### Work required:
The line with "ground (arith, find_link-set_threads b", the line with "(b : Strings) (q : ℕ) (m", and all lines between them in the material below: return these exactly, and no others.

[Start of section]

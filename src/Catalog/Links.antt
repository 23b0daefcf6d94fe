-- ===== src/Catalog/Links.antt =====
-- The searches and the writes of the list of indexes of bptree.cc.
use ccpbtree.Base.{
  ℕ, ◌≡◌, refl, ◌⊎◌, true, false, inl, inr, Bool-cases, Option, none, some, List, [], ◌∷◌, ◌++◌,
  arith, ℤ,
}
use ccpbtree.Server.{Text, text_eq}
use ccpbtree.Catalog.{Strings, DbLink, found, at_end, find_link, look_up, set_threads}

pub text_eq_refl : (s : Text) → text_eq s s ≡ true
text_eq_refl [] = refl
text_eq_refl (x ∷ xs) = ground (arith, text_eq_refl xs)

pub eq_of_text_eq : (s u : Text) → text_eq s u ≡ true → s ≡ u
eq_of_text_eq [] [] h = refl
eq_of_text_eq [] (y ∷ ys) h = cc
eq_of_text_eq (x ∷ xs) [] h = cc
eq_of_text_eq (x ∷ xs) (y ∷ ys) h = ground (arith, eq_of_text_eq xs ys)

pub Option-cases : {A : Type 0} (o : Option A) → (o ≡ none) ⊎ ((a : A) × (o ≡ some a))
Option-cases none = inl refl
Option-cases (some a) = inr (a, refl)

pub look_up_read :
    (b : Strings) (q : ℕ) (name : Text) (ls : List DbLink)
    → b q ≡ some name
    → look_up b q ls ≡ find_link b name ls
unfolding find_link
look_up_read b q name [] h = refl
look_up_read b q name (l ∷ ls) h = ground (arith, h)

-- A link that is appended is found by its name, if none had it, and no other search changes.
pub find_link-append :
    (b : Strings) (name : Text) (ls : List DbLink) (l : DbLink)
    → find_link b name ls ≡ at_end
    → b l.name ≡ some name
    → find_link b name (ls ++ l ∷ []) ≡ found l
unfolding find_link
find_link-append b name [] l h e = ground (arith, e, text_eq_refl name)
find_link-append b name (k ∷ ls) l h e = ground (arith, find_link-append b name ls l)

pub find_link-append_other :
    (b : Strings) (key name : Text) (ls : List DbLink) (l : DbLink)
    → b l.name ≡ some name
    → text_eq key name ≡ false
    → find_link b key (ls ++ l ∷ []) ≡ find_link b key ls
unfolding find_link
find_link-append_other b key name [] l e f = ground (arith, e, f)
find_link-append_other b key name (k ∷ ls) l e f =
    ground (arith, find_link-append_other b key name ls l)

-- The count of one index is written, and no other is.
pub find_link-set_threads :
    (b : Strings) (q : ℕ) (name : Text) (n : ℤ) (ls : List DbLink) (l : DbLink)
    → b q ≡ some name
    → find_link b name ls ≡ found l
    → find_link b name (set_threads b q n ls) ≡ found (record l { num_open_threads = n })
unfolding find_link set_threads
find_link-set_threads b q name n [] l e h = cc
find_link-set_threads b q name n (k ∷ ls) l e h =
    ground (arith, find_link-set_threads b q name n ls l)

pub find_link-set_threads_other :
    (b : Strings) (q : ℕ) (name key : Text) (n : ℤ) (ls : List DbLink)
    → b q ≡ some name
    → text_eq key name ≡ false
    → find_link b key (set_threads b q n ls) ≡ find_link b key ls
unfolding find_link set_threads
find_link-set_threads_other b q name key n [] e h = refl
find_link-set_threads_other b q name key n (k ∷ ls) e h = elim (Option-cases (b k.name)) [
  | inl absent ↦ ground (arith, e, absent)
  | inr (s, there) ↦ elim (Bool-cases (text_eq name s)) [
    | inl hit ↦
        let f : text_eq key s ≡ false = rw (← eq_of_text_eq name s hit) h in
        ground (arith, e, there, hit, f)
    | inr miss ↦ ground (arith, find_link-set_threads_other b q name key n ls e h)
  ]
]

pub set_threads-set_threads :
    (b : Strings) (q : ℕ) (m n : ℤ) (ls : List DbLink)
    → set_threads b q n (set_threads b q m ls) ≡ set_threads b q n ls
unfolding set_threads find_link
set_threads-set_threads b q m n [] = refl
set_threads-set_threads b q m n (k ∷ ls) = ground (arith, set_threads-set_threads b q m n ls)

pub set_threads_same :
    (b : Strings) (q : ℕ) (name : Text) (ls : List DbLink) (l : DbLink)
    → b q ≡ some name
    → find_link b name ls ≡ found l
    → set_threads b q l.num_open_threads ls ≡ ls
unfolding find_link set_threads
set_threads_same b q name [] l e h = refl
set_threads_same b q name (k ∷ ls) l e h = ground (arith, set_threads_same b q name ls l)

[End of section]

### Reply:
    ground (arith, find_link-set_threads b q name n ls l)

pub find_link-set_threads_other :
    (b : Strings) (q : ℕ) (name key : Text) (n : ℤ) (ls : List DbLink)
    → b q ≡ some name
    → text_eq key name ≡ false
    → find_link b key (set_threads b q n ls) ≡ find_link b key ls
unfolding find_link set_threads
find_link-set_threads_other b q name key n [] e h = refl
find_link-set_threads_other b q name key n (k ∷ ls) e h = elim (Option-cases (b k.name)) [
  | inl absent ↦ ground (arith, e, absent)
  | inr (s, there) ↦ elim (Bool-cases (text_eq name s)) [
    | inl hit ↦
        let f : text_eq key s ≡ false = rw (← eq_of_text_eq name s hit) h in
        ground (arith, e, there, hit, f)
    | inr miss ↦ ground (arith, find_link-set_threads_other b q name key n ls e h)
  ]
]

pub set_threads-set_threads :
    (b : Strings) (q : ℕ) (m n : ℤ) (ls : List DbLink)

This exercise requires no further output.